Thomas Heatherwick saddened after plans for New York "treasure island" are scrapped
Only a month after the Garden Bridge was scrapped, Thomas Heatherwick's plans for a park on New York's Hudson River have been abandoned – and the designer has described the decision as "really, really sad".
Billionaire Barry Diller announced yesterday he is giving up his battle to replace an old pier with an undulating park and events space designed by Heatherwick Studio.
The project, called Pier 55, had been granted planning permission, and had also overcome a series of court challenges. But construction wasn't able to start, due to problems with the permit, and the delays caused by the ongoing legal disputes led to costs ballooning up from $35 million to $250 million.
"It's really, really sad that the project isn't happening," Heatherwick told Dezeen.
"There was enormous public support, everyone was behind it, except there was an unelected group of people who, from a commercial real-estate perspective, had their own gripes. They held the project hostage, slowing it down through repeated legal cases that the project was winning each time, but which were grinding things down."
Despite the obvious similarities between Pier 55 and the Garden Bridge, the designer insists that the two outcomes have nothing in common.
He claims Pier 55 would have been "a new public space that's never existed before".
"The pier would have been an amazing public space," he said. "In a way, it was building on New York's recent successes, like the High Line."
Heatherwick first unveiled plans for Pier 55 back in 2014, describing it as a "treasure island". It was to built over a cluster of mushroom-shaped columns, 56 metres off the Hudson River shoreline.
Diller and his wife, fashion designer Diane von Furstenberg, were funding the project, while the non-profit Hudson River Park Trust organisation was to be in charge of managing the park.

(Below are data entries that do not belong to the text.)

-- ===== src/Exit/Submit.antt =====
-- The exit orders of app/live_exit.py: their submission. The orders that a submission
-- asks the exchange to place are in its result.
use Prim.Native.String.{String}
use auto_coin_bot.Common.{
  ℕ, Bool, true, false, ◌&&◌, Option, none, some, List, [], ◌∷◌, if◌then◌else◌, ◌==◌,
}
use auto_coin_bot.Common.Float.{Float}
use auto_coin_bot.Common.Table.{str_eq}
use auto_coin_bot.Slots.{Status}
use auto_coin_bot.Exit.Rows
use auto_coin_bot.Exit.Rows.{
  Position, Candidate, Log, Store, RiskResult, OrderStatus, is_exit, is_exitable, is_previewed,
  is_allowed, is_filled,
}
use auto_coin_bot.Exit.Store.{
  load_exit_candidate, get_live_order_log, update_live_order_log, update_live_position,
}
use auto_coin_bot.Exit.Trigger.{Config}
use auto_coin_bot.Exit.Check.{World, evaluate_found}
use auto_coin_bot.Exit.Reconcile.{
  Exchange, Placed, Raised, Sent, accepted, timed_out, failed, no, timeout, other, named,
  mark_candidate_of, reconcile_exit_order,
}
use auto_coin_bot.Exit.Preview.{position_of}

-- What `submit_exit_order` returns.
pub record Answer : Type 0 where
  pub ok : Bool
  pub status : OrderStatus
  pub risk_result : Option RiskResult

pub record Submitted (F : Type 0) : Type 0 where
  pub store : Store F
  pub answer : Answer
  pub sent : List (Sent F)  -- the orders that the exchange was asked to place

abbrev blocked_answer : RiskResult → Answer
blocked_answer result = record {
  ok = false;
  status = OrderStatus.blocked;
  risk_result = some result;
}

module _ {F : Type 0} ⦃num : Float F⦄ where
  abbrev pub candidate_of : Option ℕ → Store F → Option (Candidate F)
  candidate_of none s = none
  candidate_of (some id) s = load_exit_candidate id s

  abbrev pub mark_position : Option (Position F) → Status → Store F → Store F
  mark_position none status s = s
  mark_position (some p) status s = update_live_position p.id (λ q. record q { status = status }) s

  abbrev closing : String → Position F → Position F
  closing uuid q = record q { status = Status.closing; exit_order_uuid = some uuid }

  -- The other positions of an aggregate exit.
  unfoldable pub close_others : String → ℕ → List ℕ → Store F → Store F
  close_others uuid own [] s = s
  close_others uuid own (id ∷ ids) s =
      close_others uuid own ids (if id == own then s else update_live_position id (closing uuid) s)

  unfoldable pub close_positions : String → List ℕ → Option (Position F) → Store F → Store F
  close_positions uuid ids none s = s
  close_positions uuid ids (some p) s =
      close_others uuid p.id ids (update_live_position p.id (closing uuid) s)

  abbrev pub mark_log : String → OrderStatus → RiskResult → Store F → Store F
  mark_log id status result s =
      update_live_order_log id (λ l. record l { status = status; risk_result = result }) s

  -- The `except` branch.
  unfoldable pub on_timeout : Log F → Store F → Store F
  on_timeout l s =
      mark_candidate_of l.exit_candidate_id OrderStatus.submitted
        (named "ORDER_STATUS_UNKNOWN_TIMEOUT")
        (mark_log l.request_id OrderStatus.submitted (named "ORDER_STATUS_UNKNOWN_TIMEOUT") s)

  unfoldable pub on_failure : Log F → Option (Position F) → Store F → Store F
  on_failure l p s =
      mark_position p Status.error
        (mark_log l.request_id OrderStatus.failed (named "BLOCKED_API_RESPONSE_ERROR") s)

  abbrev latest_status : Option (Log F) → OrderStatus
  latest_status none = OrderStatus.submitted
  latest_status (some l) = l.status

  -- The end of the `try` block, and what the two kinds of exceptions lead to.
  unfoldable pub conclude : Log F → Option (Position F) → Store F → Raised → Store F × Answer
  conclude l p s no = (
    s,
    record {
      ok = true;
      status = latest_status (get_live_order_log l.request_id s);
      risk_result = none;
    },
  )
  conclude l p s timeout = (
    on_timeout l s,
    record {
      ok = false;
      status = OrderStatus.submitted;
      risk_result = some (named "ORDER_STATUS_UNKNOWN_TIMEOUT");
    },
  )
  conclude l p s other = (
    on_failure l p s,
    record {
      ok = false;
      status = OrderStatus.failed;
      risk_result = some (named "BLOCKED_API_RESPONSE_ERROR");
    },
  )

  -- What is written once the exchange has taken the order, before its status is read.
  unfoldable pub record_accepted : Log F → Option (Position F) → String → Store F → Store F
  unfolding close_positions
  record_accepted l p uuid s =
      let s' =
        update_live_order_log l.request_id
          (λ x. record x {
            status = OrderStatus.submitted;
            risk_result = Rows.allowed;
            order_uuid = some uuid;
          })
          s in
      let s'' = mark_candidate_of l.exit_candidate_id OrderStatus.submitted Rows.allowed s' in
      close_positions uuid l.aggregate_exit_position_ids p s''

  abbrev pub read_status : Exchange F → String → String → Store F → Store F × Raised
  read_status e uuid request_id s =
      if str_eq uuid "" then (s, no) else reconcile_exit_order e request_id s

  unfoldable pub after_place :
      Exchange F → Log F → Option (Position F) → Placed → Store F → Store F × Answer
  after_place e l p (accepted uuid) s =
      let (s', raised) = read_status e uuid l.request_id (record_accepted l p uuid s) in
      conclude l p s' raised
  after_place e l p timed_out s = conclude l p s timeout
  after_place e l p failed s = conclude l p s other

  abbrev pub sent_of : Log F → Sent F
  sent_of l = record {
    request_id = l.request_id;
    market = l.market;
    price = l.price;
    volume = l.volume;
  }

  unfoldable pub refuse : Log F → RiskResult → Store F → Submitted F
  refuse l result s = record {
    store =
        mark_candidate_of l.exit_candidate_id OrderStatus.blocked result
          (mark_log l.request_id OrderStatus.blocked result s);
    answer = blocked_answer result;
    sent = [];
  }

  unfoldable pub place : Exchange F → Log F → Option (Position F) → Store F → Submitted F
  place e l p s =
      let (s', answer) = after_place e l p (e.place_order (sent_of l)) s in
      record { store = s'; answer = answer; sent = sent_of l ∷ [] }

  unfoldable pub submit_previewed : Config F → World F → Exchange F → Log F → Store F → Submitted F
  submit_previewed config w e l s =
      let p = position_of l.position_id s in
      let risk =
        evaluate_found config w s (candidate_of l.exit_candidate_id s) p true l.is_auto_exit
          l.request_id in
      if risk.allowed then place e l p s else refuse l risk.risk_result s

  unfoldable pub submit_found :
      Config F → World F → Exchange F → Option (Log F) → Store F → Submitted F
  submit_found config w e none s = record {
    store = s;
    answer = blocked_answer (named "PREVIEW_NOT_FOUND");
    sent = [];
  }
  submit_found config w e (some l) s =
      if is_previewed l.status && is_allowed l.risk_result
      then submit_previewed config w e l s
      else record { store = s; answer = blocked_answer l.risk_result; sent = [] }

  -- The preview is one of an exit: `int(preview["exit_candidate_id"])` raises on any other.
  unfoldable pub submit_exit_order :
      Config F → World F → Exchange F → String → String → Store F → Submitted F
  submit_exit_order config w e request_id final_confirmation s =
      if str_eq final_confirmation "SUBMIT LIMIT EXIT ORDER"
      then submit_found config w e (get_live_order_log request_id s) s
      else record {
        store = s;
        answer = blocked_answer (named "BLOCKED_MANUAL_CONFIRM_REQUIRED");
        sent = [];
      }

It was opposed by the City Club of New York, an advocacy group who argued that the structure was not suitable for its proposed location in a protected estuary.

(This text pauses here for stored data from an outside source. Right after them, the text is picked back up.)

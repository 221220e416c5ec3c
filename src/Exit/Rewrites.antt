-- ===== src/Exit/Rewrites.antt =====
-- What an operation on one exit order does to the table of order logs: it rewrites the row with the
-- order's request id, and leaves the owner of the row as it is.
use Prim.Native.String.{String}
use auto_coin_bot.Common.{
  ℕ, ◌≡◌, refl, sym, ap, ◌∙◌, Bool, ◌&&◌, Option, none, some, List, [], ◌∷◌, Bool-cases, inl, inr,
  update_where, update_where-compose, update_where-id,
}
use auto_coin_bot.Common.Float.{Float, le, min, nought}
use auto_coin_bot.Exit.Rows
use auto_coin_bot.Exit.Rows.{Position, Candidate, Log, Session, Store, OrderStatus}
use auto_coin_bot.Exit.Store
use auto_coin_bot.Exit.Store.{has_request, update_live_order_log, merged}
use auto_coin_bot.Recovery
use auto_coin_bot.Recovery.{ReconciledOrderStatus, Fill, Sweep, Previous}

module _ {F : Type 0} where
  -- The same order of the same position.
  abbrev pub HasOwner : Log F → Log F → Type 0
  HasOwner l m =
      (m.request_id ≡ l.request_id) × (m.position_id ≡ l.position_id) × (m.purpose ≡ l.purpose)

  pub record Rewrites (id : String) (s t : Store F) : Type 0 where
    pub by : Log F → Log F
    pub owned : (l : Log F) → HasOwner l (by l)
    pub logs : t.logs ≡ update_where (has_request id) by s.logs

  pub unchanged : (id : String) (s t : Store F) → t.logs ≡ s.logs → Rewrites id s t
  unchanged id s t h = record {
    by = λ l. l;
    owned = λ l. (refl, refl, refl);
    logs = h ∙ sym (update_where-id (has_request id) s.logs);
  }

  pub Rewrites-trans :
      (id : String) (s t u : Store F) → Rewrites id s t → Rewrites id t u → Rewrites id s u
  Rewrites-trans id s t u r q = record {
    by = λ l. q.by (r.by l);
    owned = λ l. let a = r.owned l in let b = q.owned (r.by l) in (b.0 ∙ a.0, b.1 ∙ a.1, b.2 ∙ a.2);
    logs =
        q.logs
        ∙ ap (update_where (has_request id) q.by) r.logs
        ∙ update_where-compose (has_request id) r.by q.by s.logs (λ l h. rw (r.owned l).0 h);
  }

  pub merged-HasOwner :
      (logs : List (Log F)) (l m : Log F) → HasOwner l m → HasOwner l (merged logs l m)
  unfolding merged
  merged-HasOwner logs l m h =
      elim (Bool-cases (Store.is_duplicate_uuid m.request_id m.order_uuid logs)) [
        | inl e ↦ rw e h
        | inr e ↦ rw e h
      ]

  pub update-Rewrites :
      (id : String) (f : Log F → Log F) (s : Store F)
      → ((l : Log F) → HasOwner l (f l))
      → Rewrites id s (update_live_order_log id f s)
  unfolding update_live_order_log
  update-Rewrites id f s h = record {
    by = λ l. merged s.logs l (f l);
    owned = λ l. merged-HasOwner s.logs l (f l) (h l);
    logs = refl;
  }

module _ {F : Type 0} ⦃num : Float F⦄ where
  settle-logs :
      (still : Bool) (uuid : Option String) (fill : Fill F) (p : Position F) (s : Store F)
      → (Recovery.settle still uuid fill p s).logs ≡ s.logs
  unfolding Recovery.settle Recovery.repair_closed_position_session_pointer
      Store.update_live_position Store.update_live_strategy_session
  settle-logs still uuid fill p s = elim (Bool-cases (Recovery.is_sold_out fill p)) [
    | inl e ↦ rw e refl
    | inr e ↦ rw e refl
  ]

  sweep_position-logs :
      (still : Bool) (uuid : Option String) (fill : Fill F) (w : Sweep F) (p : Position F)
      → (Recovery.sweep_position still uuid fill w p).store.logs ≡ w.store.logs
  unfolding Recovery.sweep_position Store.update_live_position
  sweep_position-logs still uuid fill w p =
      let applied = min p.entry_volume w.remaining in
      elim (Bool-cases (le p.entry_volume nought)) [
        | inl e ↦ rw e refl
        | inr e ↦ rw e (elim (Bool-cases (le applied nought)) [
          | inl k ↦ rw k (elim (Bool-cases still) [ inl b ↦ rw b refl | inr b ↦ rw b refl ])
          | inr k ↦ rw k (settle-logs still uuid (Recovery.piece fill applied) p w.store)
        ])
      ]

  sweep_found-logs :
      (still : Bool) (uuid : Option String) (fill : Fill F) (w : Sweep F) (p : Option (Position F))
      → (Recovery.sweep_found still uuid fill w p).store.logs ≡ w.store.logs
  unfolding Recovery.sweep_found
  sweep_found-logs still uuid fill w none = refl
  sweep_found-logs still uuid fill w (some p) = sweep_position-logs still uuid fill w p

  sweep-logs :
      (still : Bool) (uuid : Option String) (fill : Fill F) (ids : List ℕ) (w : Sweep F)
      → (Recovery.sweep still uuid fill ids w).store.logs ≡ w.store.logs
  unfolding Recovery.sweep
  sweep-logs still uuid fill [] w = refl
  sweep-logs still uuid fill (id ∷ ids) w =
      sweep-logs still uuid fill ids _
      ∙ sweep_found-logs still uuid fill w (Store.load_live_position id w.store)

  reopen_all-logs : (ids : List ℕ) (s : Store F) → (Recovery.reopen_all ids s).logs ≡ s.logs
  unfolding Recovery.reopen_all Store.update_live_position
  reopen_all-logs [] s = refl
  reopen_all-logs (id ∷ ids) s = reopen_all-logs ids _

  aggregate-Rewrites :
      (still : Bool) (l : Log F) (ids : List ℕ) (fill : Fill F) (s : Store F)
      → Rewrites l.request_id s (Recovery.sync_aggregate_exit_order_positions still l ids fill s)
  unfolding Recovery.sync_aggregate_exit_order_positions
  aggregate-Rewrites still l ids fill s =
      let start : Sweep F = record { store = s; remaining = fill.volume; total_pnl = nought } in
      let w = Recovery.sweep still l.order_uuid fill ids start in
      let same = unchanged l.request_id s w.store (sweep-logs still l.order_uuid fill ids start) in
      elim (Bool-cases (le fill.volume nought)) [
        | inl e ↦ rw e (unchanged l.request_id s s refl)
        | inr e ↦ rw e (
            Rewrites-trans l.request_id s w.store _ same (
              update-Rewrites l.request_id (Recovery.with_pnl w.total_pnl) w.store
                (λ m. (refl, refl, refl))))
      ]

  sync_single-Rewrites :
      (l : Log F) (st : ReconciledOrderStatus F) (fill : Fill F) (p : Position F) (s : Store F)
      → Rewrites l.request_id s (Recovery.sync_single l st fill p s)
  unfolding Recovery.sync_single Store.update_live_position
  sync_single-Rewrites l st fill p s =
      let noted =
        update_live_order_log l.request_id (Recovery.with_pnl (Recovery.actual_pnl fill p)) s in
      let still = Recovery.is_still_waiting st in
      let written : Rewrites l.request_id s noted =
        update-Rewrites l.request_id (Recovery.with_pnl (Recovery.actual_pnl fill p)) s
          (λ m. (refl, refl, refl)) in
      elim (Bool-cases (le fill.volume nought && Recovery.has_fill st.status)) [
        | inl e ↦ rw e (unchanged l.request_id s s refl)
        | inr e ↦ rw e (elim (Bool-cases (Recovery.has_fill st.status)) [
          | inl k ↦ rw k (
              Rewrites-trans l.request_id s noted _ written
                (unchanged l.request_id noted _ (settle-logs still l.order_uuid fill p noted)))
          | inr k ↦ rw k (elim (Bool-cases (Rows.is_canceled st.status)) [
            | inl b ↦ rw b (unchanged l.request_id s _ refl)
            | inr b ↦ rw b (unchanged l.request_id s s refl)
          ])
        ])
      ]

  sync_position-Rewrites :
      (l : Log F) (prev : Previous F) (st : ReconciledOrderStatus F) (ids : List ℕ) (p : Position F)
      (s : Store F)
      → Rewrites l.request_id s (Recovery.sync_position l prev st ids p s)
  unfolding Recovery.sync_position
  sync_position-Rewrites l prev st [] p s =
      sync_single-Rewrites l st (Recovery.new_fill prev st) p s
  sync_position-Rewrites l prev st (id ∷ ids) p s =
      elim (Bool-cases (Recovery.has_fill st.status)) [
        | inl e ↦ rw e (
            aggregate-Rewrites (Recovery.is_still_waiting st) l (id ∷ ids)
              (Recovery.new_fill prev st) s)
        | inr e ↦ rw e (elim (Bool-cases (Rows.is_canceled st.status)) [
          | inl b ↦ rw b (unchanged l.request_id s _ (reopen_all-logs (id ∷ ids) s))
          | inr b ↦ rw b (sync_single-Rewrites l st (Recovery.new_fill prev st) p s)
        ])
      ]

  sync_found-Rewrites :
      (l : Log F) (prev : Previous F) (st : ReconciledOrderStatus F) (p : Option (Position F))
      (s : Store F)
      → Rewrites l.request_id s (Recovery.sync_found l prev st p s)
  unfolding Recovery.sync_found
  sync_found-Rewrites l prev st none s = unchanged l.request_id s s refl
  sync_found-Rewrites l prev st (some p) s =
      sync_position-Rewrites l prev st (Recovery.aggregate_exit_position_ids l) p s

  pub sync-Rewrites :
      (l : Log F) (prev : Previous F) (st : ReconciledOrderStatus F) (s : Store F)
      → Rewrites l.request_id s (Recovery.sync_exit_order_position l prev st s)
  unfolding Recovery.sync_exit_order_position
  sync-Rewrites l prev st s = sync_found-Rewrites l prev st (Recovery.position_for_exit_order l s) s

According to The New York Times, the group was still undergoing settlement discussions with the Hudson River Park Trust when Diller made the announcement.
"Because of the huge escalating costs and the fact it would have been a continuing controversy over the next three years I decided it was no longer viable for us to proceed," said Diller, the paper reports.
Madelyn Wils, president of the Hudson River Park Trust, has also expressed her sadness at the announcement.
"We are deeply saddened," she said, "not simply because this would've been one of the world’s greatest piers, but because this was a project the community so resoundingly wanted, and that millions would one day enjoy."
"Instead, it was thwarted by a small handful of people who decided they knew better," she added. "We're now left with a big hole to fill where we hoped to build the crown jewel of Hudson River Park."
Thomas Heatherwick ranked at number 23 in the inaugural Dezeen Hot List, a countdown of the year's biggest names in architecture and design.
His Garden Bridge design was first unveiled in 2013, a year before Pier 55, but was eventually scrapped last month following a lack of support from London mayor Sadiq Khan.